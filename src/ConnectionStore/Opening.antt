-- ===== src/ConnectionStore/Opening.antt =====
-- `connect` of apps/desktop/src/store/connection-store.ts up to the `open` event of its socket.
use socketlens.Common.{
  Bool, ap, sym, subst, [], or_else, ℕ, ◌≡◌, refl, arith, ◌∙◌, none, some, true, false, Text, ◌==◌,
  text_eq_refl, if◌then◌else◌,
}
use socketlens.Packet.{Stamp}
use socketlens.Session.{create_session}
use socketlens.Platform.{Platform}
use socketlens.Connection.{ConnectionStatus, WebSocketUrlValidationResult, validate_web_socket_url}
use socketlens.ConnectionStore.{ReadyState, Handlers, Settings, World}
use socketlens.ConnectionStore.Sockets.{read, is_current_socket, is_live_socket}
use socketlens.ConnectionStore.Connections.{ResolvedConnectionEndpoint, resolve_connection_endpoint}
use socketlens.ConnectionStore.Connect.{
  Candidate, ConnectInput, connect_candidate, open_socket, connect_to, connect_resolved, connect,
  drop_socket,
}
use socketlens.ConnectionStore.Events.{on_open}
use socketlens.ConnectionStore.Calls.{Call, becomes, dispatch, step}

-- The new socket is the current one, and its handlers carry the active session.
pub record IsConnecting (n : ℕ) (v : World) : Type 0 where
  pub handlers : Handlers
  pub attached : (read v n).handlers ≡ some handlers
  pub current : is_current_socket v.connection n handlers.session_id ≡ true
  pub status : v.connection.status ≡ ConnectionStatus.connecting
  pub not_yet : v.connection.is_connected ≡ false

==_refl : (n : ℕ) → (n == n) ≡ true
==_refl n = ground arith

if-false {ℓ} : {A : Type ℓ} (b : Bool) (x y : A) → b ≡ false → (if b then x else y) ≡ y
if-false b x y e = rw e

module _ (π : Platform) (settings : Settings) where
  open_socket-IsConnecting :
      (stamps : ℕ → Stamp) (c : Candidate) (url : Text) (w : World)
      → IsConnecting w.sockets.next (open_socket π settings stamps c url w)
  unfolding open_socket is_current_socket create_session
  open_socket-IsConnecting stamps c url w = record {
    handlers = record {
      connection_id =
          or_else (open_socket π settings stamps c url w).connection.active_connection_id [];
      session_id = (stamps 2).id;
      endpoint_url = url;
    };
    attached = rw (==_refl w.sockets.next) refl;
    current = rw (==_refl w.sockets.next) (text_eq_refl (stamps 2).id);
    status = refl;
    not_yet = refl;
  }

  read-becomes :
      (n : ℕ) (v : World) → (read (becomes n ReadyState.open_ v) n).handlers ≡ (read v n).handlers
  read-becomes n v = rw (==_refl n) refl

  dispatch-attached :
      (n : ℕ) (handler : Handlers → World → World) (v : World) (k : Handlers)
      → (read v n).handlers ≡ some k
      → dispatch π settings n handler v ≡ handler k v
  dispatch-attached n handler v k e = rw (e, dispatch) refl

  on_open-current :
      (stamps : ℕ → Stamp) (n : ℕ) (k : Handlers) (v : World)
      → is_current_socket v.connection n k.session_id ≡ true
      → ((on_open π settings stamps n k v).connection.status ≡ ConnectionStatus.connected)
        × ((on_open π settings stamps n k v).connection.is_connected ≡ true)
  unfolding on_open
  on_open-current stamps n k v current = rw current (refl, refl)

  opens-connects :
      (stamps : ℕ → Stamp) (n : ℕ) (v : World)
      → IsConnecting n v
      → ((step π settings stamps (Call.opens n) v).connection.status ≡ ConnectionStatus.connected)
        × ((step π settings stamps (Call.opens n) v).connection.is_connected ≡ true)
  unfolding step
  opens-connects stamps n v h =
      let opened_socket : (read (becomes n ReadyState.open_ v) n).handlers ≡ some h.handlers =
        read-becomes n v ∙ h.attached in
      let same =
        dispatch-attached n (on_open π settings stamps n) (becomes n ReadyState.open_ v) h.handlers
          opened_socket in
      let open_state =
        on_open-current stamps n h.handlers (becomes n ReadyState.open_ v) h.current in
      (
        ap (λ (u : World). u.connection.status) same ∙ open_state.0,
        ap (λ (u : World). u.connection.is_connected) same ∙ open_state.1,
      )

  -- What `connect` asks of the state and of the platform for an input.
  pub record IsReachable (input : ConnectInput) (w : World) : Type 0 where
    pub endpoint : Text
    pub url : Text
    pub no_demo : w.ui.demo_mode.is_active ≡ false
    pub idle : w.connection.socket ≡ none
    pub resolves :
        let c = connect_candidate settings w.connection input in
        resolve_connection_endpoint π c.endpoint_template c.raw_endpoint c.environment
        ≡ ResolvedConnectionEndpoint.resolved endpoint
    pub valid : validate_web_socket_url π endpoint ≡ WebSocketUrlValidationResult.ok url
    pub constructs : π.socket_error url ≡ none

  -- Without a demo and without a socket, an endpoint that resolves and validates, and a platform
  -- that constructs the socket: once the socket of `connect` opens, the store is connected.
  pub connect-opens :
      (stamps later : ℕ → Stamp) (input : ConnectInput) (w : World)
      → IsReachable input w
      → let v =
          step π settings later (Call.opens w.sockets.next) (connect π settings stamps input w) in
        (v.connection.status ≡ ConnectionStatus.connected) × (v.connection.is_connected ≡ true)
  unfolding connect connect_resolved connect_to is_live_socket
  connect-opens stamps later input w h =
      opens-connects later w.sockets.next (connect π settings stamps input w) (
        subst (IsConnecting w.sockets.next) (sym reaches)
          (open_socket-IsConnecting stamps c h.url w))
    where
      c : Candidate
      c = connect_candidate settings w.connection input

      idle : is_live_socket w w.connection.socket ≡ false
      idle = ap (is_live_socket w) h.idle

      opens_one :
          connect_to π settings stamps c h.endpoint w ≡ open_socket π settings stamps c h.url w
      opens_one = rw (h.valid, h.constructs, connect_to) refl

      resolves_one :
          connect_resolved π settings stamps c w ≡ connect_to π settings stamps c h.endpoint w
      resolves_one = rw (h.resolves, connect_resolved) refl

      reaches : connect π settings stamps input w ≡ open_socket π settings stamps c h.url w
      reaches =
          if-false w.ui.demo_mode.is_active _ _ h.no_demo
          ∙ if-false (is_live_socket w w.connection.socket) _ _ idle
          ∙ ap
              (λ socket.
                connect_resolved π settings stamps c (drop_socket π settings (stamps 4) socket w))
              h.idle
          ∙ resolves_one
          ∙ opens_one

· · ·

Output all of the records exactly, with nothing omitted.

● Solution to this task:
filename src/ConnectionStore/Opening.antt
-- ===== src/ConnectionStore/Opening.antt =====
-- `connect` of apps/desktop/src/store/connection-store.ts up to the `open` event of its socket.
use socketlens.Common.{
  Bool, ap, sym, subst, [], or_else, ℕ, ◌≡◌, refl, arith, ◌∙◌, none, some, true, false, Text, ◌==◌,
  text_eq_refl, if◌then◌else◌,
}
use socketlens.Packet.{Stamp}
use socketlens.Session.{create_session}
use socketlens.Platform.{Platform}
use socketlens.Connection.{ConnectionStatus, WebSocketUrlValidationResult, validate_web_socket_url}
use socketlens.ConnectionStore.{ReadyState, Handlers, Settings, World}
use socketlens.ConnectionStore.Sockets.{read, is_current_socket, is_live_socket}
use socketlens.ConnectionStore.Connections.{ResolvedConnectionEndpoint, resolve_connection_endpoint}
use socketlens.ConnectionStore.Connect.{
  Candidate, ConnectInput, connect_candidate, open_socket, connect_to, connect_resolved, connect,
  drop_socket,
}
use socketlens.ConnectionStore.Events.{on_open}
use socketlens.ConnectionStore.Calls.{Call, becomes, dispatch, step}

-- The new socket is the current one, and its handlers carry the active session.
pub record IsConnecting (n : ℕ) (v : World) : Type 0 where
  pub handlers : Handlers
  pub attached : (read v n).handlers ≡ some handlers
  pub current : is_current_socket v.connection n handlers.session_id ≡ true
  pub status : v.connection.status ≡ ConnectionStatus.connecting
  pub not_yet : v.connection.is_connected ≡ false

==_refl : (n : ℕ) → (n == n) ≡ true
==_refl n = ground arith

if-false {ℓ} : {A : Type ℓ} (b : Bool) (x y : A) → b ≡ false → (if b then x else y) ≡ y
if-false b x y e = rw e

module _ (π : Platform) (settings : Settings) where
  open_socket-IsConnecting :
      (stamps : ℕ → Stamp) (c : Candidate) (url : Text) (w : World)
      → IsConnecting w.sockets.next (open_socket π settings stamps c url w)
  unfolding open_socket is_current_socket create_session
  open_socket-IsConnecting stamps c url w = record {
    handlers = record {
      connection_id =
          or_else (open_socket π settings stamps c url w).connection.active_connection_id [];
      session_id = (stamps 2).id;
      endpoint_url = url;
    };
    attached = rw (==_refl w.sockets.next) refl;
    current = rw (==_refl w.sockets.next) (text_eq_refl (stamps 2).id);
    status = refl;
    not_yet = refl;
  }

  read-becomes :
      (n : ℕ) (v : World) → (read (becomes n ReadyState.open_ v) n).handlers ≡ (read v n).handlers
  read-becomes n v = rw (==_refl n) refl

  dispatch-attached :
      (n : ℕ) (handler : Handlers → World → World) (v : World) (k : Handlers)
      → (read v n).handlers ≡ some k
      → dispatch π settings n handler v ≡ handler k v
  dispatch-attached n handler v k e = rw (e, dispatch) refl

  on_open-current :
      (stamps : ℕ → Stamp) (n : ℕ) (k : Handlers) (v : World)
      → is_current_socket v.connection n k.session_id ≡ true
      → ((on_open π settings stamps n k v).connection.status ≡ ConnectionStatus.connected)
        × ((on_open π settings stamps n k v).connection.is_connected ≡ true)
  unfolding on_open
  on_open-current stamps n k v current = rw current (refl, refl)

  opens-connects :
      (stamps : ℕ → Stamp) (n : ℕ) (v : World)
      → IsConnecting n v
      → ((step π settings stamps (Call.opens n) v).connection.status ≡ ConnectionStatus.connected)
        × ((step π settings stamps (Call.opens n) v).connection.is_connected ≡ true)
  unfolding step
  opens-connects stamps n v h =
      let opened_socket : (read (becomes n ReadyState.open_ v) n).handlers ≡ some h.handlers =
        read-becomes n v ∙ h.attached in
      let same =
        dispatch-attached n (on_open π settings stamps n) (becomes n ReadyState.open_ v) h.handlers
          opened_socket in
      let open_state =
        on_open-current stamps n h.handlers (becomes n ReadyState.open_ v) h.current in
      (
        ap (λ (u : World). u.connection.status) same ∙ open_state.0,
        ap (λ (u : World). u.connection.is_connected) same ∙ open_state.1,
      )

  -- What `connect` asks of the state and of the platform for an input.
  pub record IsReachable (input : ConnectInput) (w : World) : Type 0 where
    pub endpoint : Text
    pub url : Text
    pub no_demo : w.ui.demo_mode.is_active ≡ false
    pub idle : w.connection.socket ≡ none
    pub resolves :
        let c = connect_candidate settings w.connection input in
        resolve_connection_endpoint π c.endpoint_template c.raw_endpoint c.environment
        ≡ ResolvedConnectionEndpoint.resolved endpoint
    pub valid : validate_web_socket_url π endpoint ≡ WebSocketUrlValidationResult.ok url
    pub constructs : π.socket_error url ≡ none

  -- Without a demo and without a socket, an endpoint that resolves and validates, and a platform
  -- that constructs the socket: once the socket of `connect` opens, the store is connected.
  pub connect-opens :
      (stamps later : ℕ → Stamp) (input : ConnectInput) (w : World)
      → IsReachable input w
      → let v =
          step π settings later (Call.opens w.sockets.next) (connect π settings stamps input w) in
        (v.connection.status ≡ ConnectionStatus.connected) × (v.connection.is_connected ≡ true)
  unfolding connect connect_resolved connect_to is_live_socket
  connect-opens stamps later input w h =
      opens-connects later w.sockets.next (connect π settings stamps input w) (
        subst (IsConnecting w.sockets.next) (sym reaches)
          (open_socket-IsConnecting stamps c h.url w))
    where
      c : Candidate
      c = connect_candidate settings w.connection input

      idle : is_live_socket w w.connection.socket ≡ false
      idle = ap (is_live_socket w) h.idle

      opens_one :
          connect_to π settings stamps c h.endpoint w ≡ open_socket π settings stamps c h.url w
      opens_one = rw (h.valid, h.constructs, connect_to) refl

      resolves_one :
          connect_resolved π settings stamps c w ≡ connect_to π settings stamps c h.endpoint w
      resolves_one = rw (h.resolves, connect_resolved) refl

      reaches : connect π settings stamps input w ≡ open_socket π settings stamps c h.url w
      reaches =
          if-false w.ui.demo_mode.is_active _ _ h.no_demo
          ∙ if-false (is_live_socket w w.connection.socket) _ _ idle
          ∙ ap
              (λ socket.
                connect_resolved π settings stamps c (drop_socket π settings (stamps 4) socket w))
              h.idle
          ∙ resolves_one
          ∙ opens_one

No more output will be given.